# Covariance is not positive definite

Hi!

I’ve read the book “Statistical Rethinking” from Richard McElreath and now I’m playing with Gaussian processes. I want to simulate some data and therefore need to generate a covariance matrix.

First generated a distance matrix

set.seed(5)
N_PARTICLE=10
particle_distance_matrix <- matrix(runif(N_PARTICLE*N_PARTICLE, 3, 20),nrow=N_PARTICLE,ncol=N_PARTICLE)
diag(particle_distance_matrix) <- 0
particle_distance_matrix[lower.tri(particle_distance_matrix)] = t(particle_distance_matrix)[lower.tri(particle_distance_matrix)]

Then I choose the parameters for the Gaussian kernel and try to generate the covariance matrix

n_sq = 9 # Maximum covariance between any two particles
p_sq = 0.01 # rate of decline of correlation with distance
delta = 0.01 # don't now what it is, but this is used in the book

Next I generated generate the covariance matrix (gaussian kernel). I’ve followed the function that is used in Richard’s book ( cov_GPL2 ): https://github.com/rmcelreath/rethinking/blob/master/R/ulam_templates.R#L1387

covariance_matrix <- matrix(, nrow = N_PARTICLE, ncol = N_PARTICLE)
# Using gaussian kernel
for (i in 1:(N_PARTICLE-1)) {
covariance_matrix[i, i] <- n_sq + delta;
for (j in (i+1):N_PARTICLE) {
covariance_matrix[i,j] = n_sq * exp(-p_sq*(particle_distance_matrix[i,j])^2)
covariance_matrix[j,i] = covariance_matrix[i,j]
}
}
covariance_matrix[N_PARTICLE, N_PARTICLE] = n_sq + delta;

However, if I try to sample now from a multivariate normal using this covariance matrix I get the following error:

mvrnorm(n=20,mu=rep(0, N_PARTICLE), Sigma=covariance_matrix)

Error in mvrnorm(n = 20, mu = rep(0, N_PARTICLE), Sigma = covariance_matrix): 'Sigma' is not positive definite
Traceback:

1. mvrnorm(n = 20, mu = rep(0, N_PARTICLE), Sigma = covariance_matrix)
2. stop("'Sigma' is not positive definite")

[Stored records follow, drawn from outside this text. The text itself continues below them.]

-- ===== src/Server/Stream.antt =====
-- The handshake of a Shadowsocks stream: `on_received_data` and `ReadHandshake` of
-- src/server/server_connection.cpp. The decoder, which gives the plaintext of a buffer in chunks, is an
-- argument.
use yass.Common.{
  ℕ, ◌+◌, ◌<◌, ◌≤◌, ◌≡◌, ap, refl, ◌∙◌, arith, not, ◌&&◌, ◌||◌, Option, none, some, List, [], ◌∷◌,
  ◌++◌, leb, ◌==◌, if◌then◌else◌, ◌>>=◌, dcheck, Mem,
}
use yass.Address.{good, Parsed, AddressHeader, address_type, domain_name, domain, zeroed}
use yass.Handshake.{
  invalid_argument, is_retry, View, size, contents, advance, received_view, Received, failed,
  received, is_good, is_unspecified,
}
use yass.Shadowsocks
use yass.Shadowsocks.{address_type_size}
use yass.Shadowsocks.Parsing.{parse_ss_domain}
use yass.Server.{Server, relay, on_disconnect, is_empty, endpoint_or_default}
use yass.Server.Faults.{advance-beyond}

-- `on_received_data` in `state_handshake`: a chunk is appended to `handshake_`.
unfoldable pub append_handshake : Mem → Option View → View → View
append_handshake behind none b = b
append_handshake behind (some h) b = received_view behind (contents h ++ contents b)

unfoldable pub received_chunks : Mem → Option View → List View → Option View
received_chunks behind h [] = h
received_chunks behind h (b ∷ bs) = received_chunks behind (some (append_handshake behind h b)) bs

unfoldable pub accept_stream : AddressHeader → View → Server → Option Server
accept_stream a rest s =
    let named = address_type a == domain in
    let (bytes, port) = endpoint_or_default (Shadowsocks.endpoint a) in
    if Shadowsocks.port a == 0
      || (named && is_empty (domain_name a))
      || (not named && is_unspecified bytes)
    then some (on_disconnect invalid_argument s)
    else some (record s { task = relay rest })

-- The parser is given the bytes from `data()` on, as many as were read from the socket.
unfoldable pub stream_request :
    ℕ → View → Server → Parsed Shadowsocks.State AddressHeader → Option Server
stream_request transferred b s (st, a, o, next) =
    let s' : Server = record s { request = a } in
    if is_good o
    then (advance (address_type_size a) b >>= λ rest.
        dcheck (leb (address_type_size a) transferred) (accept_stream a rest s'))
    else some (on_disconnect invalid_argument s')

unfoldable pub on_stream_request : ℕ → View → Server → Option Server
on_stream_request transferred b s =
    stream_request transferred b s
      (Shadowsocks.parse s.request b.mem b.offset (b.offset + transferred))

-- With the connection and `handshake_`.
unfoldable pub take_handshake : ℕ → Server → Option View → Option (Server × Option View)
take_handshake transferred s none = some (s, none)
take_handshake transferred s (some b) =
    on_stream_request transferred b s >>= λ s'. some (s', some b)

parsed_beyond :
    (n : ℕ) (v : View) (s : Server)
    → s.request ≡ zeroed
    → (Shadowsocks.parse zeroed v.mem v.offset (v.offset + n)).2 ≡ good
    → v.capacity
      < v.offset + address_type_size (Shadowsocks.parse zeroed v.mem v.offset (v.offset + n)).1
    → on_stream_request n v s ≡ none
unfolding on_stream_request stream_request
parsed_beyond n v s fresh o long =
    ap (λ a. stream_request n v s (Shadowsocks.parse a v.mem v.offset (v.offset + n))) fresh
    ∙ rw (o, advance-beyond _ v long) refl

module _ (decode : View → List View) where
  unfoldable pub on_read_handshake :
      Mem → Received → Server → Option View → Option (Server × Option View)
  on_read_handshake behind (failed ec) s h =
      some ((if is_retry ec then s else on_disconnect ec s), h)
  on_read_handshake behind (received b) s h =
      take_handshake (size b) s (received_chunks behind h (decode b))

  -- A stream whose first chunk of plaintext breaks off inside a header with a domain name ends the
  -- process. The parser goes as far as there were bytes on the wire, salt, lengths and tags included; it
  -- takes the rest of the header from the memory behind the chunk, and `set_offset` fails its CHECK.
  pub short_header_aborts :
      (behind : Mem) (b v : View) (s : Server)
      → decode b ≡ v ∷ []
      → s.request ≡ zeroed
      → v.mem v.offset ≡ domain
      → v.capacity < v.offset + 4 + v.mem (v.offset + 1)
      → 5 ≤ size b
      → 4 + v.mem (v.offset + 1) ≤ size b
      → on_read_handshake behind (received b) s none ≡ none
  unfolding on_read_handshake take_handshake received_chunks append_handshake
  short_header_aborts behind b v s d fresh t short five wide =
      let (o, next, len, name, port) =
        parse_ss_domain v.mem v.offset (v.offset + size b) t (omega arith) (omega arith) in
      let aborts = parsed_beyond (size b) v s fresh o (omega (arith, len)) in
      ap (λ l. take_handshake (size b) s (received_chunks behind none l)) d
      ∙ ap (λ r. r >>= λ s'. some (s', some v)) aborts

Can someone help me what is wrong?

I think the following conditions are probably required for the distance matrix to produce a positive-definite covariance matrix

1. distance to itself is always zero
2. distance from i to j is the same as distance from j to i
3. triangle inequality: distance from i to j is less than distance from i to k plus distance from k to j

If the entries in the so-called distance matrix are IID then the entries in the covariance matrix are also IID and that will generally not be positive-definite. Maybe first draw position vectors and then calculate distances as differences of positions.

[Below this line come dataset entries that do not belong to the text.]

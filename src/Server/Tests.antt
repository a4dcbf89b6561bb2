-- ===== src/Server/Tests.antt =====
-- Concrete connections of src/server/server_connection.cpp.
use yass.Common.{
  Mem, ◌*◌, ◌≢◌, ◌⊎◌, ◌+◌, slice, ◌<◌, ◌≤◌, ℕ, ◌≡◌, refl, arith, Option, none, some, List, [], ◌∷◌,
  bytes_of, memcpy, get_or, ltb, if◌then◌else◌,
}
use yass.Handshake.{
  invalid_argument, crypto_socks5, View, received, received_view, failed, would_block, advance,
  contains, str_eq,
}
use yass.Address.{AddressHeader, zeroed}
use yass.Shadowsocks.{of_domain}
use yass.Socks4
use yass.Socks5
use yass.Socks5.Method
use yass.Socks5.Method.{method_length}
use yass.Socks5.Auth.{parse_auth, parse_username, parse_password, create_auth, auth_length}
use yass.Socks5.Reply
use yass.Server.{
  on_socks4_request, on_disconnect, write_handshake_response, Server, Task, Event, readable,
  writable, read_handshake_via_socks, read_username_password_auth, read_handshake_via_socks5, step,
  on_socks5_request, dispatch, on_read_handshake_via_socks, on_received, on_method_select,
  write_method_select, send, start_auth, on_read_username_password_auth, with_pending,
  on_auth_request, write_auth, start_socks5, on_read_handshake_via_socks5, accept_socks5,
  with_domain, write_handshake, handshake_reply, process_received,
}
use yass.Server.Gate.{HasCredentials}
use yass.Server.Faults.{truncated_request_aborts, auth_would_block}
use yass.Server.Named.{socks4a_outcomes}
use yass.Handshake.Views.{skip}
use yass.Server.Stream.{on_read_handshake, short_header_aborts}
use yass.Server.Relay.{run, ReceivedIn, relay_needs_auth}

abbrev server : Task → Option View → Server
server task pending = record {
  method = crypto_socks5;
  username = 117 ∷ [];
  password = 112 ∷ [];
  request = zeroed;
  handshake_pending_buf = pending;
  written = [];
  task = task;
}

abbrev nothing : View
nothing = record { mem = bytes_of []; offset = 0; capacity = 0 }

-- A request for the name "ab" that breaks off behind the high byte of the port.
abbrev truncated : View
truncated = record {
  mem = bytes_of (5 ∷ 1 ∷ 0 ∷ 3 ∷ 2 ∷ 97 ∷ 98 ∷ 1 ∷ []);
  offset = 0;
  capacity = 8;
}

truncated_request_aborts_example :
    on_socks5_request truncated (server read_handshake_via_socks5 none) ≡ none
truncated_request_aborts_example =
    truncated_request_aborts truncated (server read_handshake_via_socks5 none) refl refl
      (omega arith) refl

-- To 0.0.0.1 at port 80, with no user id and a name of 256 bytes.
abbrev long_name : Mem
long_name j =
    if ltb j 9
    then bytes_of (4 ∷ 1 ∷ 0 ∷ 80 ∷ 0 ∷ 0 ∷ 0 ∷ 1 ∷ 0 ∷ []) j
    else if ltb j 265
    then 97
    else 0

abbrev long_view : View
long_view = record { mem = long_name; offset = 0; capacity = 266 }

long_name-ne : (k : ℕ) → k < 256 → long_name (0 + 8 + 0 + 1 + k) ≢ 0
long_name-ne k h = ground arith

abbrev waiting : Server
waiting = server read_handshake_via_socks none

socks4a_outcomes_example :
    (((long_name 2 * 256 + long_name 3 ≡ 0) ⊎ (◌≡◌ {A = ℕ} 256 0))
      × (on_socks4_request long_view waiting ≡ some (on_disconnect invalid_argument waiting)))
    ⊎ ((0 < 80)
        × (0 < 256)
        × (256 ≤ 255)
        × ((a : AddressHeader) × (of_domain (slice long_name 9 256) 80 ≡ some a)
            × (on_socks4_request long_view waiting
                ≡ some (record waiting {
                  request = a;
                  handshake_pending_buf = some (skip 266 long_view);
                  task = write_handshake_response;
                }))))
    ⊎ ((0 < 80) × (255 < 256) × (on_socks4_request long_view waiting ≡ none))
unfolding Socks4.is_socks4a
socks4a_outcomes_example =
    socks4a_outcomes long_view waiting 0 256 refl refl (λ k h. absurd (omega arith)) refl
      long_name-ne refl (omega arith)

auth_would_block_example :
    step
      (readable (bytes_of []) (failed would_block))
      (server read_username_password_auth (some nothing))
    ≡ none
auth_would_block_example =
    auth_would_block (server read_username_password_auth (some nothing)) (bytes_of []) would_block
      nothing refl refl refl refl

-- Method selection, credentials and a request for the name "ab" at port 443 in one piece.
abbrev pipelined : List ℕ
pipelined = 5 ∷ 1 ∷ 2 ∷ 5 ∷ 1 ∷ 117 ∷ 1 ∷ 112 ∷ 5 ∷ 1 ∷ 0 ∷ 3 ∷ 2 ∷ 97 ∷ 98 ∷ 1 ∷ 187 ∷ 42 ∷ []

abbrev arrives : Event
arrives = readable (bytes_of []) (received (received_view (bytes_of []) pipelined))

abbrev sends : ℕ → Event
sends n = writable [] [] 0 0 (record { error = none; count = n })

abbrev events : List Event
events = arrives ∷ sends 2 ∷ arrives ∷ sends 2 ∷ arrives ∷ sends 10 ∷ []

abbrev reached : Option Server → Server
reached none = server read_handshake_via_socks none
reached (some t) = t

abbrev start : Server
start = server read_handshake_via_socks none

-- The byte behind the request is what is relayed.
abbrev early : View
early = record {
  mem = λ j. if ltb j 18 then get_or pipelined j 0 else bytes_of [] j;
  offset = 17;
  capacity = 18;
}

relay_needs_auth_example :
    (v : View) × ReceivedIn events v.mem v.capacity × HasCredentials v (117 ∷ []) (112 ∷ [])
unfolding run step dispatch on_read_handshake_via_socks on_received on_method_select advance
    received_view contains Method.parse Method.parse_methods method_length memcpy
    write_method_select send start_auth on_read_username_password_auth with_pending on_auth_request
    parse_auth parse_username parse_password create_auth auth_length str_eq write_auth start_socks5
    on_read_handshake_via_socks5 on_socks5_request Socks5.parse Socks5.create Socks5.parse_address
    Socks5.parse_variable_part Socks5.address_type_size Socks5.request_length Socks5.port
    Socks5.endpoint accept_socks5 with_domain of_domain write_handshake handshake_reply
    Reply.buffers Reply.set_endpoint Reply.create_reply process_received
relay_needs_auth_example =
    relay_needs_auth events start (reached (run events start)) early refl refl refl refl refl refl

-- Two bytes of a header, in 68 bytes of a stream.
abbrev short_header : View
short_header = received_view (λ j. 9) (3 ∷ 5 ∷ [])

abbrev wire : View
wire = record { mem = λ j. 0; offset = 0; capacity = 68 }

short_header_aborts_example :
    on_read_handshake
      (λ b. short_header ∷ [])
      (λ j. 0)
      (received wire)
      (server read_handshake_via_socks none)
      none
    ≡ none
unfolding received_view
short_header_aborts_example =
    short_header_aborts (λ b. short_header ∷ []) (λ j. 0) wire short_header
      (server read_handshake_via_socks none) refl refl refl (omega arith) (omega arith)
      (omega arith)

I’ve forgot one block when copying it from my jupyter notebook:

diag(particle_distance_matrix) <- 0
particle_distance_matrix[lower.tri(particle_distance_matrix)] = t(particle_distance_matrix)[lower.tri(particle_distance_matrix)]

This is how it is look like:

I think the third requirement may not be met.

Investigating this it appears that p_sq is related to the min distance. If I say that

p^2 = \frac{1}{2l^2}

Then a p_sq of 0.01 corresponds to an l of 7.07. If I set the runif(N_PARTICLE*N_PARTICLE, 8, 20) I can generate a valid covariance matrix most of the time. If you want the min distance to be 3 then setting p_sq \approx 0.06 where l \approx 2.88 seems a good choice.

Thanks a lot!

I think I will go the way @nhuurre suggested and draw my position vectors first and calculate the distances from that.